*** Begin section ***
-- ===== src/Programs/Init.antt =====
-- init/src/main.c
use zosys.Common.{ℕ, zero, suc, none, some, List, [], ◌∷◌, if◌then◌else◌}
use zosys.Common.Int.{ℤ, pos, is_neg}
use zosys.Programs.{Sys, newline}
use zosys.Programs.Ls.{is_minus_one, is_zero}

abbrev asci0 : List ℕ
asci0 = b'Z' ∷ b':' ∷ b'a' ∷ b's' ∷ b'c' ∷ b'i' ∷ b'0' ∷ []

abbrev start_message : List ℕ
start_message =
    b'I' ∷ b'n' ∷ b'i' ∷ b't' ∷ 32 ∷ b'h' ∷ b'a' ∷ b's' ∷ 32 ∷ b's' ∷ b't' ∷ b'a' ∷ b'r' ∷ b't'
    ∷ b'e' ∷ b'd' ∷ 10 ∷ []

abbrev argv_title : List ℕ
argv_title = b'a' ∷ b'r' ∷ b'g' ∷ b'v' ∷ b':' ∷ 10 ∷ []

abbrev envp_title : List ℕ
envp_title = b'e' ∷ b'n' ∷ b'v' ∷ b'p' ∷ b':' ∷ 10 ∷ []

abbrev indent : List ℕ
indent = 32 ∷ 32 ∷ 32 ∷ 32 ∷ []

abbrev shell : List ℕ
shell = b'Y' ∷ b':' ∷ b's' ∷ b'h' ∷ []

abbrev failed : List ℕ
failed =
    b'F' ∷ b'a' ∷ b'i' ∷ b'l' ∷ b'e' ∷ b'd' ∷ 32 ∷ b'e' ∷ b'x' ∷ b'e' ∷ b'c' ∷ b'v' ∷ b'e' ∷ 10 ∷ []

abbrev done_message : List ℕ
done_message =
    b'A' ∷ b'l' ∷ b'l' ∷ 32 ∷ b'n' ∷ b'o' ∷ b'n' ∷ 45 ∷ b'i' ∷ b'n' ∷ b'i' ∷ b't' ∷ 32 ∷ b'p' ∷ b'r'
    ∷ b'o' ∷ b'c' ∷ b'e' ∷ b's' ∷ b's' ∷ b'e' ∷ b's' ∷ 32 ∷ b'h' ∷ b'a' ∷ b'v' ∷ b'e' ∷ 32 ∷ b'e'
    ∷ b'x' ∷ b'i' ∷ b't' ∷ b'e' ∷ b'd' ∷ 10 ∷ []

-- How a process ends, or leaves this program.
pub data End (S : Type 0) : Type 0 where
  returned : ℤ → S → End S
  exited : ℕ → S → End S
  replaced : End S
  waiting : End S

module _ {S : Type 0} (sys : Sys S) where
  abbrev line : ℤ → List ℕ → S → S
  line fd text s = sys.write fd newline (sys.write fd text (sys.write fd indent s))

  -- The loops over `argv` and `envp`.
  unfoldable pub print_all : ℤ → List (List ℕ) → S → S
  print_all fd [] s = s
  print_all fd (text ∷ more) s = print_all fd more (line fd text s)

  -- The child: the shell, or an exit.
  unfoldable pub run_shell : ℤ → (argv envp : List (List ℕ)) → S → End S
  run_shell fd argv envp s = elim (sys.execve shell argv envp s) [
    | none ↦ replaced
    | some (r, s') ↦ exited 1 (if is_neg r then sys.write fd failed s' else s')
  ]

  -- The loop that waits for all children; `waiting` if it has made `rounds` rounds.
  unfoldable pub reap_all : (rounds : ℕ) → ℤ → S → End S
  reap_all zero fd s = waiting
  reap_all (suc rounds) fd s =
      let (wpid, s') = sys.wait s in
      let rest = reap_all rounds fd s' in
      if is_minus_one wpid then returned (pos 0) (sys.write fd done_message s') else rest

  unfoldable pub init_main : (rounds : ℕ) → (argv envp : List (List ℕ)) → S → End S
  unfolding print_all run_shell reap_all
  init_main rounds argv envp s =
      let (stdin_fd, s1) = sys.open_call asci0 1 s in
      let (stdout_fd, s2) = sys.open_call asci0 2 s1 in
      let (stderr_fd, s3) = sys.open_call asci0 2 s2 in
      let s4 = sys.write stdout_fd argv_title (sys.write stdout_fd start_message s3) in
      let s5 = sys.write stdout_fd envp_title (print_all stdout_fd argv s4) in
      let (pid, s6) = sys.fork (print_all stdout_fd envp s5) in
      if is_zero pid then run_shell stdout_fd argv envp s6 else reap_all rounds stdout_fd s6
*** End section ***
All of the records are to be reproduced exactly as they were given.

Response to the task |
-- ===== src/Programs/Init.antt =====
-- init/src/main.c
use zosys.Common.{ℕ, zero, suc, none, some, List, [], ◌∷◌, if◌then◌else◌}
use zosys.Common.Int.{ℤ, pos, is_neg}
use zosys.Programs.{Sys, newline}
use zosys.Programs.Ls.{is_minus_one, is_zero}

abbrev asci0 : List ℕ
asci0 = b'Z' ∷ b':' ∷ b'a' ∷ b's' ∷ b'c' ∷ b'i' ∷ b'0' ∷ []

abbrev start_message : List ℕ
start_message =
    b'I' ∷ b'n' ∷ b'i' ∷ b't' ∷ 32 ∷ b'h' ∷ b'a' ∷ b's' ∷ 32 ∷ b's' ∷ b't' ∷ b'a' ∷ b'r' ∷ b't'
    ∷ b'e' ∷ b'd' ∷ 10 ∷ []

abbrev argv_title : List ℕ
argv_title = b'a' ∷ b'r' ∷ b'g' ∷ b'v' ∷ b':' ∷ 10 ∷ []

abbrev envp_title : List ℕ
envp_title = b'e' ∷ b'n' ∷ b'v' ∷ b'p' ∷ b':' ∷ 10 ∷ []

abbrev indent : List ℕ
indent = 32 ∷ 32 ∷ 32 ∷ 32 ∷ []

abbrev shell : List ℕ
shell = b'Y' ∷ b':' ∷ b's' ∷ b'h' ∷ []

abbrev failed : List ℕ
failed =
    b'F' ∷ b'a' ∷ b'i' ∷ b'l' ∷ b'e' ∷ b'd' ∷ 32 ∷ b'e' ∷ b'x' ∷ b'e' ∷ b'c' ∷ b'v' ∷ b'e' ∷ 10 ∷ []

abbrev done_message : List ℕ
done_message =
    b'A' ∷ b'l' ∷ b'l' ∷ 32 ∷ b'n' ∷ b'o' ∷ b'n' ∷ 45 ∷ b'i' ∷ b'n' ∷ b'i' ∷ b't' ∷ 32 ∷ b'p' ∷ b'r'
    ∷ b'o' ∷ b'c' ∷ b'e' ∷ b's' ∷ b's' ∷ b'e' ∷ b's' ∷ 32 ∷ b'h' ∷ b'a' ∷ b'v' ∷ b'e' ∷ 32 ∷ b'e'
    ∷ b'x' ∷ b'i' ∷ b't' ∷ b'e' ∷ b'd' ∷ 10 ∷ []

-- How a process ends, or leaves this program.
pub data End (S : Type 0) : Type 0 where
  returned : ℤ → S → End S
  exited : ℕ → S → End S
  replaced : End S
  waiting : End S

module _ {S : Type 0} (sys : Sys S) where
  abbrev line : ℤ → List ℕ → S → S
  line fd text s = sys.write fd newline (sys.write fd text (sys.write fd indent s))

  -- The loops over `argv` and `envp`.
  unfoldable pub print_all : ℤ → List (List ℕ) → S → S
  print_all fd [] s = s
  print_all fd (text ∷ more) s = print_all fd more (line fd text s)

  -- The child: the shell, or an exit.
  unfoldable pub run_shell : ℤ → (argv envp : List (List ℕ)) → S → End S
  run_shell fd argv envp s = elim (sys.execve shell argv envp s) [
    | none ↦ replaced
    | some (r, s') ↦ exited 1 (if is_neg r then sys.write fd failed s' else s')
  ]

  -- The loop that waits for all children; `waiting` if it has made `rounds` rounds.
  unfoldable pub reap_all : (rounds : ℕ) → ℤ → S → End S
  reap_all zero fd s = waiting
  reap_all (suc rounds) fd s =
      let (wpid, s') = sys.wait s in
      let rest = reap_all rounds fd s' in
      if is_minus_one wpid then returned (pos 0) (sys.write fd done_message s') else rest

  unfoldable pub init_main : (rounds : ℕ) → (argv envp : List (List ℕ)) → S → End S
  unfolding print_all run_shell reap_all
  init_main rounds argv envp s =
      let (stdin_fd, s1) = sys.open_call asci0 1 s in
      let (stdout_fd, s2) = sys.open_call asci0 2 s1 in
      let (stderr_fd, s3) = sys.open_call asci0 2 s2 in
      let s4 = sys.write stdout_fd argv_title (sys.write stdout_fd start_message s3) in
      let s5 = sys.write stdout_fd envp_title (print_all stdout_fd argv s4) in
      let (pid, s6) = sys.fork (print_all stdout_fd envp s5) in
      if is_zero pid then run_shell stdout_fd argv envp s6 else reap_all rounds stdout_fd s6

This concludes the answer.